IC: We see renewed interest in Rossi, Superstudio, Italian architecture of 1960s and 1970s. Why do you think it is happening?
PPT: Well, you read Rossi, because Rossi is good. It has its shortcomings, it is a terribly edited and horribly translated book, but it is an amazing book. I am a bit more sceptical about Superstudio.
When I studied in 1990s everybody was talking about the then new computer-generated architecture. New software that would allow you to model some floppy thing. We were rather bored by that. Maybe by the spirit of contradictions, we didn’t want to model anything, we want to do ugly squarish things that are really cool and start to look at these ugly pamphlets of the 1970s, photo-copy greyish stuff. It is a bit of that for sure. It is typical for every generation and I can imagine that soon people will start to be bored with these axonometric drawings (personally, I cannot stand them anymore) and start to do something else and say: “You know, Greg Lynn was really cool and has been mis-treated by history.” This is a part of the thing. But also not all of it. I don’t think that there is an automatic switch in fashion every 30 years. There are certain dynamics that can be explained in terms of generations, but there are also other aspects. It is not easy to recognise what is important and what is not. I am sure Aldo Rossi was important and I am sure that Rem Koolhaas is important. Other things are far less important.

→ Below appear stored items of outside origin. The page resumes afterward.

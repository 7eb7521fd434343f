-- ===== src/Auth/Locks/Resolution.antt =====
-- The locks of a location are visible ones, each once if the first query has no repeats.
use hassio_access_control.Prelude.{
  ℕ, String, ◌≡◌, refl, ap, ==_iff, Bool, true, false, not, ◌&&◌, ◌||◌, List, [], ◌∷◌, ◌++◌, any,
  keep, All, All-append, arith, ◌==◌, if◌then◌else◌, Bool-cases, inl, inr,
}
use hassio_access_control.Auth.Database.{Answer-cases, Answer, value, raised, Lock, Database}
use hassio_access_control.Auth.Locks.{
  seen, add_locks, add_cameras, get_locks_for_location, protect_device_ids,
}

abbrev pub IsVisible : List Lock → Type 0
IsVisible = All (λ l. l.hidden ≡ false)

-- no two locks with one id
abbrev pub HasDistinctIds : List Lock → Type 0
HasDistinctIds [] = Unit
HasDistinctIds (l ∷ locks) = (seen l.id locks ≡ false) × HasDistinctIds locks

seen-append : (id : ℕ) (xs ys : List Lock) → seen id (xs ++ ys) ≡ (seen id xs || seen id ys)
seen-append id [] ys = refl
seen-append id (x ∷ xs) ys = ground (arith, seen-append id xs ys)

snoc-HasDistinctIds :
    (xs : List Lock) (l : Lock)
    → HasDistinctIds xs
    → seen l.id xs ≡ false
    → HasDistinctIds (xs ++ l ∷ [])
snoc-HasDistinctIds [] l h n = ground arith
snoc-HasDistinctIds (x ∷ xs) l h n =
    ground (arith, seen-append x.id xs (l ∷ []), snoc-HasDistinctIds xs l h.1)

record IsResolved (locks : List Lock) : Type 0 where
  visible : IsVisible locks
  distinct : HasDistinctIds locks

add-IsResolved :
    (l : Lock) (locks : List Lock)
    → IsResolved locks
    → IsResolved (if not l.hidden && not (seen l.id locks) then locks ++ l ∷ [] else locks)
add-IsResolved l locks h = elim (Bool-cases (not l.hidden && not (seen l.id locks))) [
  | inl e ↦ rw e (record {
    visible = All-append (λ x. x.hidden ≡ false) locks (l ∷ []) h.visible (ground arith);
    distinct = snoc-HasDistinctIds locks l h.distinct (ground arith);
  })
  | inr e ↦ rw e h
]

add_locks-IsResolved :
    (found locks : List Lock) → IsResolved locks → IsResolved (add_locks locks found)
unfolding add_locks
add_locks-IsResolved [] locks h = h
add_locks-IsResolved (l ∷ found) locks h = add_locks-IsResolved found _ (add-IsResolved l locks h)

add_cameras-IsResolved :
    (db : Database) (ids : List String) (locks found : List Lock)
    → IsResolved locks
    → add_cameras db locks ids ≡ value found
    → IsResolved found
unfolding add_cameras
add_cameras-IsResolved db [] locks found h e = ground arith
add_cameras-IsResolved db (d ∷ ids) locks found h e =
    elim (Answer-cases (db.get_locks_by_entry_device "protect_doorbell" d)) [
      | inl r ↦ absurd (ground arith)
      | inr (more, r) ↦
          add_cameras-IsResolved db ids (add_locks locks more) found
            (add_locks-IsResolved more locks h) (ground arith)
    ]

keep-IsVisible : (locks : List Lock) → IsVisible (keep (λ l. not l.hidden) locks)
keep-IsVisible [] = tt
keep-IsVisible (l ∷ locks) = ground (arith, keep-IsVisible locks)

seen-keep :
    (id : ℕ) (locks : List Lock)
    → seen id locks ≡ false
    → seen id (keep (λ l. not l.hidden) locks) ≡ false
seen-keep id [] h = refl
seen-keep id (l ∷ locks) h = ground (arith, seen-keep id locks)

keep-HasDistinctIds :
    (locks : List Lock) → HasDistinctIds locks → HasDistinctIds (keep (λ l. not l.hidden) locks)
keep-HasDistinctIds [] h = tt
keep-HasDistinctIds (l ∷ locks) h =
    ground (arith, seen-keep l.id locks h.0, keep-HasDistinctIds locks h.1)

-- The locks that are resolved for a location are all visible and have distinct ids, if those that
-- the first query returns have distinct ids.
pub get_locks_for_location-IsResolved :
    (db : Database) (cameras : Answer (List (String × String))) (location_id : String)
    (native locks : List Lock)
    → db.get_locks_for_location location_id ≡ value native
    → HasDistinctIds native
    → get_locks_for_location db cameras location_id ≡ value locks
    → IsVisible locks × HasDistinctIds locks
unfolding get_locks_for_location
get_locks_for_location-IsResolved db cameras location_id native locks hn hd e =
    elim (Answer-cases (db.get_locks_by_entry_device "access_reader" location_id)) [
      | inl r ↦ absurd (ground arith)
      | inr (found, r) ↦
          let visible = keep (λ l. not l.hidden) native in
          let start : IsResolved visible = record {
            visible = keep-IsVisible native;
            distinct = keep-HasDistinctIds native hd;
          } in
          let all =
            add_cameras-IsResolved db (protect_device_ids location_id cameras)
              (add_locks visible found) locks (add_locks-IsResolved found visible start)
              (ground arith) in
          (all.visible, all.distinct)
    ]

-- a visible lock with the id is among them
abbrev pub shows : ℕ → List Lock → Bool
shows id locks = any (λ l. l.id == id && not l.hidden) locks

abbrev pub shows_in : ℕ → Answer (List Lock) → Bool
shows_in id raised = false
shows_in id (value locks) = shows id locks

seen-congr : (a b : ℕ) (locks : List Lock) → (a == b) ≡ true → seen a locks ≡ seen b locks
seen-congr a b locks e = ap (λ i. seen i locks) ((==_iff a b).0 e)

seen-added :
    (id : ℕ) (l : Lock) (locks : List Lock)
    → seen id (if not l.hidden && not (seen l.id locks) then locks ++ l ∷ [] else locks)
      ≡ (seen id locks || l.id == id && not l.hidden)
seen-added id l locks = elim (Bool-cases (not l.hidden && not (seen l.id locks))) [
  | inl e ↦ rw (e, seen-append id locks (l ∷ [])) (ground arith)
  | inr e ↦ rw e (ground (arith, seen-congr l.id id locks))
]

seen-add_locks :
    (id : ℕ) (found locks : List Lock)
    → seen id (add_locks locks found) ≡ (seen id locks || shows id found)
unfolding add_locks
seen-add_locks id [] locks = ground arith
seen-add_locks id (l ∷ found) locks =
    rw (seen-add_locks id found _, seen-added id l locks) (ground arith)

seen-keep_visible :
    (id : ℕ) (locks : List Lock) → seen id (keep (λ l. not l.hidden) locks) ≡ shows id locks
seen-keep_visible id [] = refl
seen-keep_visible id (l ∷ locks) = ground (arith, seen-keep_visible id locks)

seen-add_cameras :
    (db : Database) (id : ℕ) (ids : List String) (locks found : List Lock)
    → add_cameras db locks ids ≡ value found
    → seen id found ≡ (
        seen id locks
        || any (λ d. shows_in id (db.get_locks_by_entry_device "protect_doorbell" d)) ids)
unfolding add_cameras
seen-add_cameras db id [] locks found e = ground arith
seen-add_cameras db id (d ∷ ids) locks found e =
    elim (Answer-cases (db.get_locks_by_entry_device "protect_doorbell" d)) [
      | inl r ↦ absurd (ground arith)
      | inr (more, r) ↦ ground (
        arith,
        r,
        seen-add_locks id more locks,
        seen-add_cameras db id ids (add_locks locks more) found (ground arith),
      )
    ]

-- A resolution that returns finds exactly the visible locks that one of the queries returned: by
-- the location's columns, by an access reader, or by a doorbell of the location or of a camera that
-- is mapped to it.
pub seen-get_locks_for_location :
    (db : Database) (cameras : Answer (List (String × String))) (location_id : String) (id : ℕ)
    (locks : List Lock)
    → get_locks_for_location db cameras location_id ≡ value locks
    → seen id locks ≡ (
        shows_in id (db.get_locks_for_location location_id)
        || shows_in id (db.get_locks_by_entry_device "access_reader" location_id)
        || any
            (λ d. shows_in id (db.get_locks_by_entry_device "protect_doorbell" d))
            (protect_device_ids location_id cameras))
unfolding get_locks_for_location
seen-get_locks_for_location db cameras location_id id locks e =
    elim (Answer-cases (db.get_locks_for_location location_id)) [
      | inl n ↦ absurd (ground arith)
      | inr (native, n) ↦
          elim (Answer-cases (db.get_locks_by_entry_device "access_reader" location_id)) [
            | inl r ↦ absurd (ground arith)
            | inr (found, r) ↦
                let visible = keep (λ l. not l.hidden) native in
                ground (
                  arith,
                  seen-keep_visible id native,
                  seen-add_locks id found visible,
                  seen-add_cameras db id (protect_device_ids location_id cameras)
                      (add_locks visible found) locks (ground arith),
                )
          ]
    ]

IC: I saw Casa della Memoria for the first time by accident and for the second time, after reading an essay about it. After that, I perceived it differently. Is this critical understanding of the past required of a user?
PPT: If a user should know all this stuff? No! Absolutely not! You enter, you experience the building, you walk through it, there’s a column, so you shouldn’t smash yourself against the column, you make a little detour and that’s it. And it should work like that; if it’s not working like that it is a bad building. There is no need to know anything. Zero. Absolutely not. I also don’t think that the building somehow gives you an impression that you need to know all these things. It is a building like any other building.

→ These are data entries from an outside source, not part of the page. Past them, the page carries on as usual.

-- ===== src/Scheduler/Sweeps.antt =====
-- Promotion and the rescue of queued jobs, as runs of the scheduler.
use notify_queue.Base.{
  ℕ, ◌≤◌, ◌≡◌, refl, ap, ◌∙◌, true, false, some, List, [], ◌∷◌, map, ◌==◌, All-map, All-take,
  All-select, take, take_all, select, length, ◌++◌, select-append, take-append_le, any-take-false,
  any-select-false,
}
use notify_queue.Schema.{Job}
use notify_queue.Schema.Table.{IsRow, All-IsRow, Unique, update_rows, any-select}
use notify_queue.Settings.{Settings}
use notify_queue.Redis.{Redis}
use notify_queue.Statements.Scheduler.{
  due_batch, is_among, queued_job, promote_due, is_stale_queued, requeue_stale_queued,
}
use notify_queue.Effects.{Command}
use notify_queue.Effects.Run.{Moment, fine, World, run, perform, zadd_rows}
use notify_queue.Effects.Fine.{next, run-call, run-pure}
use notify_queue.Effects.Keeps.{Keeps, run-Keeps, Keeps-then}
use notify_queue.Scheduler.{
  priority_score, queue_entry, enqueue_found, ids, promote_due_jobs, requeue_stale_queued_jobs,
}
use notify_queue.Scheduler.Enqueue.{zadd_rows-score, zadd_rows-other, entry_absent}

module _ {Q L C : Type 0} (redis : Redis Q L C) where
  pub enqueue_found-queues :
      (rows : List Job) (s : ℕ → Moment) (w : World Q L C)
      → (s 0).fault ≡ fine
      → (run redis s (enqueue_found rows) w).1.queues
        ≡ zadd_rows redis (map queue_entry rows) w.queues
  unfolding enqueue_found perform
  enqueue_found-queues [] s w h = ap (λ r. r.1.queues) (run-pure redis s [] w)
  enqueue_found-queues (b ∷ rows) s w h =
      ap (λ r. r.1.queues) (run-call redis s (Command.zadd_all (map queue_entry (b ∷ rows))) _ w h)
      ∙ ap (λ r. r.1.queues) (run-pure redis (next s) (ids (b ∷ rows)) _)

  pub enqueue_found-Keeps : (rows : List Job) → Keeps redis (λ w. w.database) (enqueue_found rows)
  unfolding enqueue_found perform
  enqueue_found-Keeps [] = tt
  enqueue_found-Keeps (b ∷ rows) =
      Keeps-then redis (λ w. w.database) (Command.zadd_all (map queue_entry (b ∷ rows))) _
        (λ m w. refl) (λ _. tt)

  -- The rescue of queued jobs.
  requeue-queues :
      (settings : Settings) (s : ℕ → Moment) (w : World Q L C)
      → (s 0).fault ≡ fine
      → (s 1).fault ≡ fine
      → (run redis s (requeue_stale_queued_jobs settings) w).1.queues
        ≡ zadd_rows redis
            (map queue_entry (
              requeue_stale_queued settings.queued_requeue settings.scheduler_batch_size
                (s 0).now
                w.database))
            w.queues
  unfolding requeue_stale_queued_jobs perform
  requeue-queues settings s w h h' =
      ap (λ r. r.1.queues)
        (run-call redis s
          (Command.requeue_stale_queued settings.queued_requeue settings.scheduler_batch_size) _ w
          h)
      ∙ enqueue_found-queues _ (next s) w h'

  requeue-database :
      (settings : Settings) (s : ℕ → Moment) (w : World Q L C)
      → (run redis s (requeue_stale_queued_jobs settings) w).1.database ≡ w.database
  unfolding requeue_stale_queued_jobs perform
  requeue-database settings =
      run-Keeps redis (λ w. w.database) (requeue_stale_queued_jobs settings)
        (Keeps-then redis (λ w. w.database)
          (Command.requeue_stale_queued settings.queued_requeue settings.scheduler_batch_size) _
          (λ m w. refl) enqueue_found-Keeps)

  -- A job that has been queued for longer than `queued_requeue` is in its queue, under its score, after
  -- one sweep, if at most `scheduler_batch_size` jobs have been: whatever Redis lost, the table says
  -- what to put back. The sweep does not change the tables.
  -- Its two commands do not fail, and no id stands twice.
  pub requeue_rescues :
      (settings : Settings) (s : ℕ → Moment) (w : World Q L C) (j : Job)
      → (s 0).fault ≡ fine
      → (s 1).fault ≡ fine
      → Unique w.database.jobs
      → IsRow w.database.jobs j
      → is_stale_queued settings.queued_requeue (s 0).now j ≡ true
      → length (select (is_stale_queued settings.queued_requeue (s 0).now) w.database.jobs)
        ≤ settings.scheduler_batch_size
      → (redis.zscore j.priority j.id (run redis s (requeue_stale_queued_jobs settings) w).1.queues
          ≡ some (priority_score j.priority j.send_at))
        × ((run redis s (requeue_stale_queued_jobs settings) w).1.database ≡ w.database)
  unfolding requeue_stale_queued
  requeue_rescues settings s w j h h' u row stale few =
      let rows = select (is_stale_queued settings.queued_requeue (s 0).now) w.database.jobs in
      (
        ap (redis.zscore j.priority j.id) (requeue-queues settings s w h h')
            ∙ zadd_rows-score w.database.jobs j row redis (take settings.scheduler_batch_size rows)
                w.queues
                (All-take (IsRow w.database.jobs) settings.scheduler_batch_size rows (
                  All-map rows (λ b k. k.0)
                    (All-select (IsRow w.database.jobs) _ w.database.jobs
                      (All-IsRow w.database.jobs u))))
                (ap (λ l. is_among l j) (take_all settings.scheduler_batch_size rows few)
                  ∙ any-select _ j.id w.database.jobs row stale),
        requeue-database settings s w,
      )

  -- The sweep takes the first stale jobs that the server scans, and leaves no trace: if a full batch of
  -- them comes before a job, that job keeps the place in Redis that it has, which may be none, and the
  -- tables do not change, so that the same holds at the next sweep.
  -- Its two commands do not fail.
  pub requeue_starves :
      (settings : Settings) (s : ℕ → Moment) (w : World Q L C) (front back : List Job) (j : Job)
      → (s 0).fault ≡ fine
      → (s 1).fault ≡ fine
      → w.database.jobs ≡ front ++ back
      → settings.scheduler_batch_size
        ≤ length (select (is_stale_queued settings.queued_requeue (s 0).now) front)
      → is_among front j ≡ false
      → (redis.zscore j.priority j.id (run redis s (requeue_stale_queued_jobs settings) w).1.queues
          ≡ redis.zscore j.priority j.id w.queues)
        × ((run redis s (requeue_stale_queued_jobs settings) w).1.database ≡ w.database)
  unfolding requeue_stale_queued
  requeue_starves settings s w front back j h h' order full missed =
      let stale = is_stale_queued settings.queued_requeue (s 0).now in
      let n = settings.scheduler_batch_size in
      (
        ap (redis.zscore j.priority j.id) (requeue-queues settings s w h h')
            ∙ zadd_rows-other redis j.priority j.id _ w.queues (
                entry_absent j _ (
                  ap (λ l. is_among (take n (select stale l)) j) order
                  ∙ ap (λ l. is_among (take n l) j) (select-append stale front back)
                  ∙ ap (λ l. is_among l j)
                      (take-append_le n (select stale front) (select stale back) full)
                  ∙ any-take-false (λ b. b.id == j.id) n (select stale front)
                      (any-select-false (λ b. b.id == j.id) stale front missed))),
        requeue-database settings s w,
      )

  -- Promotion changes the table by PROMOTE_DUE_JOBS alone, also if ZADD then fails.
  pub promote-jobs :
      (settings : Settings) (s : ℕ → Moment) (w : World Q L C)
      → (s 0).fault ≡ fine
      → (run redis s (promote_due_jobs settings) w).1.database.jobs
        ≡ update_rows
            (is_among (
              due_batch settings.scheduler_lookahead settings.scheduler_batch_size
                (s 0).locked
                (s 0).now
                w.database))
            (queued_job (s 0).now)
            w.database.jobs
  unfolding promote_due_jobs perform promote_due
  promote-jobs settings s w h =
      ap (λ r. r.1.database.jobs)
        (run-call redis s
          (Command.promote_due settings.scheduler_lookahead settings.scheduler_batch_size) _ w h)
      ∙ ap (λ db. db.jobs)
          (run-Keeps redis (λ w. w.database) (enqueue_found _) (enqueue_found-Keeps _) (next s) _)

IC: Maybe in Bratislava it’s a bit more complicated. It helps me to appreciate or be okay with a certain buildings or spaces, if I read something about them. I thought of it as a possible method, or a model.

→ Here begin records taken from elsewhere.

-- ===== src/Scheduler/Promote.antt =====
-- `promote_due_jobs` of src/notify_queue/scheduler/scheduler.py, in the table and in Redis.
use notify_queue.Base.{
  ℕ, ◌≡◌, refl, ap, ◌∙◌, Bool, true, false, some, List, map, ◌==◌, All, All-map, All-map_list,
  All-select, any-map, select,
}
use notify_queue.Schema.{Job}
use notify_queue.Schema.Table.{
  find_job, IsRow, All-IsRow, Unique, update_rows, any-select, find_job-update_rows, updated,
}
use notify_queue.Settings.{Settings}
use notify_queue.Redis.{Redis}
use notify_queue.Statements.Scheduler.{due_batch, is_among, queued_job, promote_due}
use notify_queue.Effects.{Command}
use notify_queue.Effects.Run.{Moment, fine, World, run, perform, zadd_rows}
use notify_queue.Effects.Fine.{next, run-call}
use notify_queue.Scheduler.{priority_score, queue_entry, promote_due_jobs}
use notify_queue.Scheduler.Enqueue.{zadd_rows-score}
use notify_queue.Scheduler.Sweeps.{enqueue_found-queues, promote-jobs}
use notify_queue.Lifecycle.Outcomes.{waiting}

-- The batch that one promotion takes.
abbrev pub promoted : {Q L C : Type 0} → Settings → Moment → World Q L C → List Job
promoted settings m w =
    due_batch settings.scheduler_lookahead settings.scheduler_batch_size m.locked m.now w.database

module _ (p : Job → Bool) (now : ℕ) (js : List Job) where
  updated-IsRow :
      (b : Job)
      → IsRow js b
      → p b ≡ true
      → IsRow (update_rows p (queued_job now) js) (queued_job now b)
  updated-IsRow b found e =
      find_job-update_rows p (queued_job now) (λ j. refl) b.id js
      ∙ ap (updated p (queued_job now)) found
      ∙ rw e

  returned_rows :
      Unique js
      → All (IsRow (update_rows p (queued_job now) js)) (map (queued_job now) (select p js))
  returned_rows u =
      All-map_list (IsRow (update_rows p (queued_job now) js)) (queued_job now) (select p js) (
        All-map (select p js) (λ b h. updated-IsRow b h.0 h.1)
          (All-select (IsRow js) p js (All-IsRow js u)))

  is_returned :
      (j : Job) → IsRow js j → p j ≡ true → is_among (map (queued_job now) (select p js)) j ≡ true
  is_returned j row e =
      any-map (λ b. b.id == j.id) (queued_job now) (select p js) ∙ any-select p j.id js row e

module _ {Q L C : Type 0} (redis : Redis Q L C) where
  promote-queues :
      (settings : Settings) (s : ℕ → Moment) (w : World Q L C)
      → (s 0).fault ≡ fine
      → (s 1).fault ≡ fine
      → (run redis s (promote_due_jobs settings) w).1.queues
        ≡ zadd_rows redis
            (map queue_entry (
              map
                (queued_job (s 0).now)
                (select (is_among (promoted settings (s 0) w)) w.database.jobs)))
            w.queues
  unfolding promote_due_jobs perform promote_due
  promote-queues settings s w h h' =
      ap (λ r. r.1.queues)
        (run-call redis s
          (Command.promote_due settings.scheduler_lookahead settings.scheduler_batch_size) _ w h)
      ∙ enqueue_found-queues redis _ (next s) _ h'

  -- After a promotion whose two commands do not fail, on a table in which no id stands twice: each job
  -- of the batch is queued, in the table, its other columns as they were, and in the Redis queue of its
  -- priority under its score; a job that is not in the batch has the row that it had.
  pub promote_due_jobs-row :
      (settings : Settings) (s : ℕ → Moment) (w : World Q L C) (j : Job)
      → (s 0).fault ≡ fine
      → (s 1).fault ≡ fine
      → Unique w.database.jobs
      → IsRow w.database.jobs j
      → let w' = (run redis s (promote_due_jobs settings) w).1 in
        (is_among (promoted settings (s 0) w) j ≡ true
          → (find_job j.id w'.database.jobs ≡ some (waiting (s 0).now j))
            × (redis.zscore j.priority j.id w'.queues ≡ some (priority_score j.priority j.send_at)))
        × (is_among (promoted settings (s 0) w) j ≡ false → find_job j.id w'.database.jobs ≡ some j)
  promote_due_jobs-row settings s w j h h' u row =
      let p = is_among (promoted settings (s 0) w) in
      let js = w.database.jobs in
      let table =
        ap (find_job j.id) (promote-jobs redis settings s w h)
        ∙ find_job-update_rows p (queued_job (s 0).now) (λ b. refl) j.id js
        ∙ ap (updated p (queued_job (s 0).now)) row in
      (
        λ e. (
          table ∙ rw e,
          ap (redis.zscore j.priority j.id) (promote-queues settings s w h h')
              ∙ zadd_rows-score (update_rows p (queued_job (s 0).now) js) (queued_job (s 0).now j)
                  (updated-IsRow p (s 0).now js j row e) redis
                  (map (queued_job (s 0).now) (select p js)) w.queues
                  (returned_rows p (s 0).now js u) (is_returned p (s 0).now js j row e),
        ),
        λ e. table ∙ rw e,
      )
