-- ===== src/System.antt =====
-- The system: schedulers, workers and requests as coroutines over the same servers, run command by
-- command in any order. A coroutine may stop for good between any two commands (its process dies),
-- and a new one may start at any time.
pub mod Safety
pub mod Evolution
pub mod Journey
pub mod Once
use notify_queue.Base.{ℕ, ◌≡◌, ◌==◌, if◌then◌else◌}
use notify_queue.Redis.{Redis}
use notify_queue.Effects.{Result, Command, Reply, Program, pure, call}
use notify_queue.Effects.Run.{Moment, World, execute}

pub record System (Q L C : Type 0) : Type 0 where
  pub world : World Q L C
  pub tasks : ℕ → Program Unit

abbrev pub with_task : (ℕ → Program Unit) → ℕ → Program Unit → ℕ → Program Unit
with_task tasks t p u = if u == t then p else tasks u

module _ {Q L C : Type 0} (redis : Redis Q L C) where
  -- One command of one coroutine, the death of a coroutine, or the start of another in its place.
  pub data Step : System Q L C → System Q L C → Type 0 where
    act :
        {s : System Q L C} (t : ℕ) (m : Moment) (c : Command) (k : Result (Reply c) → Program Unit)
        → s.tasks t ≡ call c k
        → Step s (record {
          world = (execute redis m c s.world).1;
          tasks = with_task s.tasks t (k (execute redis m c s.world).0);
        })
    die : {s : System Q L C} (t : ℕ) → Step s (record s { tasks = with_task s.tasks t (pure tt) })
    start :
        {s : System Q L C} (t : ℕ) (p : Program Unit)
        → Step s (record s { tasks = with_task s.tasks t p })

  pub data Reach (s : System Q L C) : System Q L C → Type 0 where
    here : Reach s s
    later : {u v : System Q L C} → Reach s u → Step u v → Reach s v
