-- ===== src/System/Safety.antt =====
-- The tables along the interleavings of the system, with failures and dead processes.
use notify_queue.Base.{ℕ, suc, Option, none, some}
use notify_queue.Schema.{Job, Database}
use notify_queue.Redis.{Redis}
use notify_queue.Effects.{Command, Program, pure, raise, call}
use notify_queue.Effects.Run.{
  Fault, fine, lost_before, lost_after, Moment, World, fault_of, perform, committed, faulty,
  execute, run,
}
use notify_queue.Consistency.{IsConsistent}
use notify_queue.Consistency.Commands.{
  IfDone, claim_queued_job-IsConsistent, mark_sent-IsConsistent, schedule_retry-IsConsistent,
  defer_to_next_window-IsConsistent, retry_dead_lettered-IsConsistent, promote_due-IsConsistent,
  recover_stale_claimed-IsConsistent, update_heartbeat-IsConsistent,
  dead_letter_transaction-IsConsistent, insert_webhook_log-IsConsistent,
  create_job_transaction-IsConsistent,
}
use notify_queue.System.{System, Step, act, die, start, Reach, here, later}

module _ {Q L C : Type 0} (redis : Redis Q L C) where
  committed-IsConsistent :
      (job : Job) (o : Option Database) (w : World Q L C)
      → IfDone IsConsistent o
      → IsConsistent w.database
      → IsConsistent (committed redis job o w).1.database
  committed-IsConsistent job none w h c = c
  committed-IsConsistent job (some db) w h c = h

  perform-IsConsistent :
      (m : Moment) (c : Command) (w : World Q L C)
      → IsConsistent w.database
      → IsConsistent (perform redis m c w).1.database
  unfolding perform
  perform-IsConsistent m (Command.claim_queued_job worker i) w h =
      claim_queued_job-IsConsistent w.database h worker i m.now
  perform-IsConsistent m (Command.mark_sent i worker) w h =
      mark_sent-IsConsistent w.database h i worker m.now
  perform-IsConsistent m (Command.schedule_retry attempt next error i worker) w h =
      schedule_retry-IsConsistent w.database h attempt next error i worker m.now
  perform-IsConsistent m (Command.defer_to_next_window at i worker) w h =
      defer_to_next_window-IsConsistent w.database h at i worker m.now
  perform-IsConsistent m (Command.update_heartbeat i worker) w h =
      update_heartbeat-IsConsistent w.database h i worker m.now
  perform-IsConsistent m (Command.dead_letter_transaction error job attempt worker) w h =
      dead_letter_transaction-IsConsistent w.database h error job attempt worker m.now
  perform-IsConsistent m (Command.insert_webhook_log i url status payload http_status attempt) w h =
      insert_webhook_log-IsConsistent w.database h _
  perform-IsConsistent m (Command.promote_due lookahead limit) w h =
      promote_due-IsConsistent w.database h lookahead limit m.locked m.now
  perform-IsConsistent m (Command.recover_stale_claimed timeout) w h =
      recover_stale_claimed-IsConsistent w.database h timeout m.now
  perform-IsConsistent m (Command.create_job_transaction n key) w h =
      committed-IsConsistent _ _ w
        (create_job_transaction-IsConsistent n key m.fresh_id m.now w.database h) h
  perform-IsConsistent m (Command.retry_dead_lettered i) w h =
      retry_dead_lettered-IsConsistent w.database h i m.now
  perform-IsConsistent m _ w h = h

  execute-IsConsistent :
      (m : Moment) (c : Command) (w : World Q L C)
      → IsConsistent w.database
      → IsConsistent (execute redis m c w).1.database
  unfolding execute
  execute-IsConsistent m c w h = by_fault (fault_of c m.fault)
    where
      by_fault : (f : Fault) → IsConsistent (faulty redis f w (perform redis m c w)).1.database
      by_fault fine = perform-IsConsistent m c w h
      by_fault lost_before = h
      by_fault lost_after = perform-IsConsistent m c w h

  -- Every coroutine of the program, run on its own with any moments and faults, keeps the tables
  -- consistent.
  pub run-IsConsistent :
      {A : Type 0} (s : ℕ → Moment) (p : Program A) (w : World Q L C)
      → IsConsistent w.database
      → IsConsistent (run redis s p w).1.database
  unfolding run
  run-IsConsistent s (pure a) w h = h
  run-IsConsistent s (raise e) w h = h
  run-IsConsistent s (call c k) w h =
      let (r, w') = execute redis (s 0) c w in
      run-IsConsistent (λ n. s (suc n)) (k r) w' (execute-IsConsistent (s 0) c w h)

  Step-IsConsistent :
      {s u : System Q L C}
      → Step redis s u
      → IsConsistent s.world.database
      → IsConsistent u.world.database
  Step-IsConsistent {s} (act t m c k e) h = execute-IsConsistent m c s.world h
  Step-IsConsistent (die t) h = h
  Step-IsConsistent (start t p) h = h

  -- From consistent tables, every state that any interleaving of coroutines reaches has consistent
  -- tables, whatever fails and whichever process dies: ids and idempotency keys are unique, the
  -- columns of a row agree with its status, a dead-lettered job has its row in the dead-letter queue,
  -- and the jobs that keys and letters name exist.
  pub Reach-IsConsistent :
      {s u : System Q L C}
      → Reach redis s u
      → IsConsistent s.world.database
      → IsConsistent u.world.database
  Reach-IsConsistent here h = h
  Reach-IsConsistent (later r st) h = Step-IsConsistent st (Reach-IsConsistent r h)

PPT: You, as an architect, make buildings. You design these buildings, while your personal back- ground, studies and all that turns into a thing which is a house. This house is appropriated by other people and they can read into it and what they read is not necessary exactly what you wanted to put into the building. What you can control is that if you put a column in the middle, people should move and not cross through the centre of the building. This is what you can be sure about. The reasons you had in order to do that are normally not recognised. It is architecture, it is about space and its perception.
Not that I am not interested in writing or talking about architecture. I think it is sometimes very interesting to read about buildings, because buildings produce certain experiences, some of which are extremely sophisticated. The only thing I believe is that architecture by itself does not talk. It is human beings who talk about architecture. Architecture is silent. That’s it.